The "breeder" of the Aus Cockapoo says, 

"THEY ALL HAVE BEAUTIFUL THICKY SHAGGY COATS THAT WILL BE VERY LOW TO NO SHED AND EASY MAINTENANCE"

What a load of poop! Thick coat easy?? Sadly who ever buys these pups will most likely get the shock of their lives when they realise the grooming work they've to do/invest in. Makes me  and


----------



## 2ndhandgal (Aug 29, 2011)

This one had a very dense shaggy coat - at least from having Molly I am able to advise all the owners what they need to do for coat care and how they need to comb right through to the skin as well as the likely areas to matt up.


----------



## lady amanda (Nov 26, 2010)

SO CRICKET IS AUSTRALIAN!!!!!!!!!!!!! lol ummm that is new to me


----------



## DB1 (Jan 20, 2012)

2ndhandgal said:


> This one had a very dense shaggy coat - at least from having Molly I am able to advise all the owners what they need to do for coat care and how they need to comb right through to the skin as well as the likely areas to matt up.


You can imagine what I am like now when I meet people with doodle pups!! chatted to quite a few on our hols this year and of course I warned them about keeping on top of the grooming!



lady amanda said:


> SO CRICKET IS AUSTRALIAN!!!!!!!!!!!!! lol ummm that is new to me


She is American/Australian!!


----------



## 2ndhandgal (Aug 29, 2011)

DB1 said:


> You can imagine what I am like now when I meet people with doodle pups!! chatted to quite a few on our hols this year and of course I warned them about keeping on top of the grooming!

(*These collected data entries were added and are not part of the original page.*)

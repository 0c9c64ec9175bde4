-- ===== src/Script/Walk/Delete.antt =====
-- `CScript::FindAndDelete` (src/script.h).
use tetra.Prelude.{
  ℕ, zero, suc, ◌+◌, ◌-◌, ◌*◌, ◌≡◌, List, [], ◌∷◌, some, arith, length, length-append, length-take,
  take, Option-cases, inl, inr,
}
use tetra.Script.Parse.{get_op}
use tetra.Script.Parse.Laws.{get_op_takes}
use tetra.Script.Walk.{strip_prefix, erase_copies, delete_loop, find_and_delete}

strip_prefix-length :
    (b pc rest : List ℕ) → strip_prefix b pc ≡ some rest → length rest + length b ≡ length pc
unfolding strip_prefix
strip_prefix-length [] pc rest e = ground arith
strip_prefix-length (x ∷ b) [] rest e = cc
strip_prefix-length (x ∷ b) (y ∷ pc) rest e = ground (arith, strip_prefix-length b pc rest)

erase_copies-length :
    (fuel : ℕ) (b pc : List ℕ)
    → length (erase_copies fuel b pc).0 + (erase_copies fuel b pc).1 * length b ≡ length pc
unfolding erase_copies
erase_copies-length zero b pc = omega arith
erase_copies-length (suc fuel) b pc = elim (Option-cases (strip_prefix b pc)) [
  | inl other ↦ rw (other, erase_copies) (omega arith)
  | inr (rest, copy) ↦
      rw (copy, erase_copies)
        (omega (arith, erase_copies-length fuel b rest, strip_prefix-length b pc rest copy))
]

delete_loop-length :
    (fuel : ℕ) (b pc : List ℕ)
    → length (delete_loop fuel b pc).0 + (delete_loop fuel b pc).1 * length b ≡ length pc
unfolding delete_loop
delete_loop-length zero b pc = erase_copies-length (length pc) b pc
delete_loop-length (suc fuel) b pc =
    let here = erase_copies (length pc) b pc in
    elim (Option-cases (get_op here.0)) [
      | inl end ↦ rw (end, delete_loop) (erase_copies-length (length pc) b pc)
      | inr ((o, d, rest), read) ↦
          let r = delete_loop fuel b rest in
          rw (read, delete_loop)
            (omega (
              arith,
              erase_copies-length (length pc) b pc,
              delete_loop-length fuel b rest,
              get_op_takes here.0 o d rest read,
              length-append (take (length here.0 - length rest) here.0) r.0,
              length-take (length here.0 - length rest) here.0,
            ))
    ]

-- FindAndDelete takes away the bytes of the copies that it counts, and no others.
find_and_delete-length :
    (s b : List ℕ) → length (find_and_delete s b).0 + (find_and_delete s b).1 * length b ≡ length s
unfolding find_and_delete
find_and_delete-length s [] = omega arith
find_and_delete-length s (x ∷ b) = delete_loop-length (length s) (x ∷ b) s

Hopefully we prevent some of ours becoming a groomers nightmare at a later date. We had once really dense long coated cockapoo and the vet had apparently told the owners they MUST NOT get him groomed until he was 12 months old  we usually suggest they go really early for a quick puppy tidy up to get them used to being there


----------



## DB1 (Jan 20, 2012)

The Aussie doodle owners are often told the same thing too, thats fine if you want a long coated dog for a year and then a skinny shaved one after!! 
there maybe some truth that certain coats (the straighter softer coats) maybe better only lightly trimmed until the adult coat is completely through but they need to be regularly thoroughly groomed to the skin to keep on top of the matts and that is hard, especially in winter.


----------



## lady amanda (Nov 26, 2010)

American Australian Canadian


----------



## Lexi&Beemer (May 5, 2013)

Truthfully I don't know how you manage anything longer than two inches in length. Though I have noticed less matting now that they are older (think it helps they aren't getting slobbered on in their new daycare). Also I notice when Lexi (less dense and more loose waves) has matts, they are like knots cut them out. But with Beemer (curly thick haired boy) the little clumps come right out with a quick brush and he doesn't even notice it most of the time. Amazing how they looked so identical and turned out with such different coats. 


Sent from my iPhone using Tapatalk


----------



## wilfiboy (Sep 18, 2010)

I've heard recently that one of the UK breeders of Australian labradoodles and cockapoos us planning on crossing the two ....so maybe a Cockadoodle xx


----------